#### [To do]
Each of the lines from the one that contains "let same : (c.stats.read_counter" to the end of the entries below should be output exactly.

───

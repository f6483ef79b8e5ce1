-- ===== src/Remoting/Client/Dispatch.antt =====
-- remoting/asioKiteIOClient.cpp, `handle_read_pkg`: what a connection's packets do to the client.
use kiteq_client_cpp.Base.{
  ℕ, ◌+◌, ◌%◌, ◌^◌, ◌<◌, ◌≡◌, refl, sym, ap, ◌∙◌, inl, inr, List, [], ◌∷◌, ◌++◌, Option, none, some,
  length, arith, Bool-cases, if◌then◌else◌,
}
use kiteq_client_cpp.Protocol.{
  Kind, heart_beat, conn_meta, conn_auth_ack, message_store_ack, deliver_ack, tx_ack_packet,
  bytes_message, string_message,
}
use kiteq_client_cpp.KitePacket.{KitePacket, Outcome, done, ◌>>=◌, kind_of_cmd}
use kiteq_client_cpp.Session.{success}
use kiteq_client_cpp.Commons.Counter.{record_read, inc}
use kiteq_client_cpp.Commons.HostPort.{HostPort, to_string}
use kiteq_client_cpp.Remoting.ListenerManager.{get_listener}
use kiteq_client_cpp.Remoting.ResponseFuture.{KiteResponse, receive_response}
use kiteq_client_cpp.Remoting.ResponseFuture.Invariant.{Inv, receive_response-Inv}
use kiteq_client_cpp.Remoting.Heartbeat.{reset}
use kiteq_client_cpp.Remoting.Client.{
  Client, Callback, tx_ack_received, bytes_message_received, string_message_received, is_response,
  dispatch, handle_response, handle_read_pkg,
}

module _ {M : Type 0} where
  -- What a packet means to its listener, by the kind of its message.
  abbrev pub event : ℕ → ℕ → Option M → Kind → List (Callback M)
  event l opaque m heart_beat = []
  event l opaque m conn_meta = []
  event l opaque m conn_auth_ack = []
  event l opaque m message_store_ack = []
  event l opaque m deliver_ack = []
  event l opaque m tx_ack_packet = tx_ack_received l opaque m ∷ []
  event l opaque m bytes_message = bytes_message_received l opaque m ∷ []
  event l opaque m string_message = string_message_received l opaque m ∷ []

  abbrev pub announced : ℕ → KitePacket M → List (Callback M)
  announced l p = elim (kind_of_cmd p.header.cmd_type) [
    | none ↦ []
    | some k ↦ event l p.header.opaque p.message k
  ]

  abbrev pub all_announced : ℕ → List (KitePacket M) → List (Callback M)
  all_announced l [] = []
  all_announced l (p ∷ ps) = announced l p ++ all_announced l ps

  dispatch-announced :
      (l : ℕ) (p : KitePacket M)
      → (if is_response p.header.cmd_type
          then []
          else dispatch p.header.cmd_type l p.header.opaque p.message)
        ≡ announced l p
  unfolding is_response dispatch kind_of_cmd
  dispatch-announced l p = ground arith

  -- The handler on each of the packets that a connection delivers.
  unfoldable pub serve : ℕ → List (KitePacket M) → Client M → Outcome (Client M × List (Callback M))
  unfolding handle_read_pkg
  serve default_listener [] c = done (c, [])
  serve default_listener (p ∷ ps) c = do
    r ←
        handle_read_pkg default_listener success
          (record c { session = record c.session { pkg = p } })
    t ← serve default_listener ps r.0
    done (t.0, r.1 ++ t.1)

  -- What stays as it was, and what is counted.
  pub record Kept (c c' : Client M) (n : ℕ) : Type 0 where
    pub valid : Inv c'.futures
    pub status : c'.status ≡ c.status
    pub listeners : c'.listeners ≡ c.listeners
    pub host_port : c'.host_port ≡ c.host_port
    pub sent : c'.sent ≡ c.sent
    pub reads : c'.stats.read_counter ≡ (c.stats.read_counter + n) % 2 ^ 64

  abbrev holding : KitePacket M → Client M → Client M
  holding p c = record c { session = record c.session { pkg = p } }

  pub handle_read_pkg_lem :
      (default_listener : ℕ) (p : KitePacket M) (c : Client M) (hp : HostPort)
      → Inv c.futures
      → c.host_port ≡ some hp
      → (c' : Client M) × (handle_read_pkg default_listener success (holding p c)
          ≡ done (c', announced (get_listener default_listener (to_string hp) c.listeners) p))
        × Kept c c' 1
  unfolding handle_read_pkg handle_response record_read inc
  handle_read_pkg_lem default_listener p c hp v known =
      let l = get_listener default_listener (to_string hp) c.listeners in
      let resp : KiteResponse (Option M) = record {
        request_id = p.header.opaque;
        message = p.message;
      } in
      let told = dispatch-announced l p in
      let counted : Client M = record (holding p c) { stats = record_read c.stats } in
      elim (Bool-cases (is_response p.header.cmd_type)) [
        | inl response ↦
            let (hit, v') = receive_response-Inv resp c.futures v in
            let none_told : announced l p ≡ [] = sym told ∙ rw response in
            (
              record counted {
                heartbeat = reset c.heartbeat;
                futures = (receive_response resp c.futures).1;
              },
              rw (response, hit, none_told),
              record {
                valid = v';
                status = refl;
                listeners = refl;
                host_port = refl;
                sent = refl;
                reads = refl;
              },
            )
        | inr addressed ↦
            let one : dispatch p.header.cmd_type l p.header.opaque p.message ≡ announced l p =
              rw addressed at told in
            (
              counted,
              rw (addressed, known)
                  (ap (λ t. done (record counted { host_port = some hp }, t)) one),
              record {
                valid = v;
                status = refl;
                listeners = refl;
                host_port = refl;
                sent = refl;
                reads = refl;
              },
            )
      ]

  -- From valid futures, with an address that parsed and a read counter of 64 bits, the packets
  -- of a connection, whatever they are, make `handle_read_pkg` neither fault nor throw. The
  -- listener is called as the packets' kinds announce, in the packets' order, each packet is
  -- counted once, status, address, listeners and sent bytes stay, and the futures stay valid.
  pub serve-announced :
      (default_listener : ℕ) (ps : List (KitePacket M)) (c : Client M) (hp : HostPort)
      → Inv c.futures
      → c.host_port ≡ some hp
      → c.stats.read_counter < 2 ^ 64
      → (c' : Client M) × (serve default_listener ps c
          ≡ done (c', all_announced (get_listener default_listener (to_string hp) c.listeners) ps))
        × Kept c c' (length ps)
  unfolding serve
  serve-announced default_listener [] c hp v known small =
      let same : (c.stats.read_counter + 0) % 2 ^ 64 ≡ c.stats.read_counter = omega arith in
      (
        c,
        refl,
        record {
          valid = v;
          status = refl;
          listeners = refl;
          host_port = refl;
          sent = refl;
          reads = sym same;
        },
      )
  serve-announced default_listener (p ∷ ps) c hp v known small =
      let (c1, e, k) = handle_read_pkg_lem default_listener p c hp v known in
      let (c', es, ks) =
        serve-announced default_listener ps c1 hp k.valid (k.host_port ∙ known)
          (omega (arith, k.reads)) in
      (
        c',
        rw (e, es, k.listeners),
        record {
          valid = ks.valid;
          status = ks.status ∙ k.status;
          listeners = ks.listeners ∙ k.listeners;
          host_port = ks.host_port ∙ k.host_port;
          sent = ks.sent ∙ k.sent;
          reads = omega (arith, ks.reads, k.reads);
        },
      )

───

#### [Answer below]
      let same : (c.stats.read_counter + 0) % 2 ^ 64 ≡ c.stats.read_counter = omega arith in
      (
        c,
        refl,
        record {
          valid = v;
          status = refl;
          listeners = refl;
          host_port = refl;
          sent = refl;
          reads = sym same;
        },
      )
  serve-announced default_listener (p ∷ ps) c hp v known small =
      let (c1, e, k) = handle_read_pkg_lem default_listener p c hp v known in
      let (c', es, ks) =
        serve-announced default_listener ps c1 hp k.valid (k.host_port ∙ known)
          (omega (arith, k.reads)) in
      (
        c',
        rw (e, es, k.listeners),
        record {
          valid = ks.valid;
          status = ks.status ∙ k.status;
          listeners = ks.listeners ∙ k.listeners;
          host_port = ks.host_port ∙ k.host_port;
          sent = ks.sent ∙ k.sent;
          reads = omega (arith, ks.reads, k.reads);
        },
      )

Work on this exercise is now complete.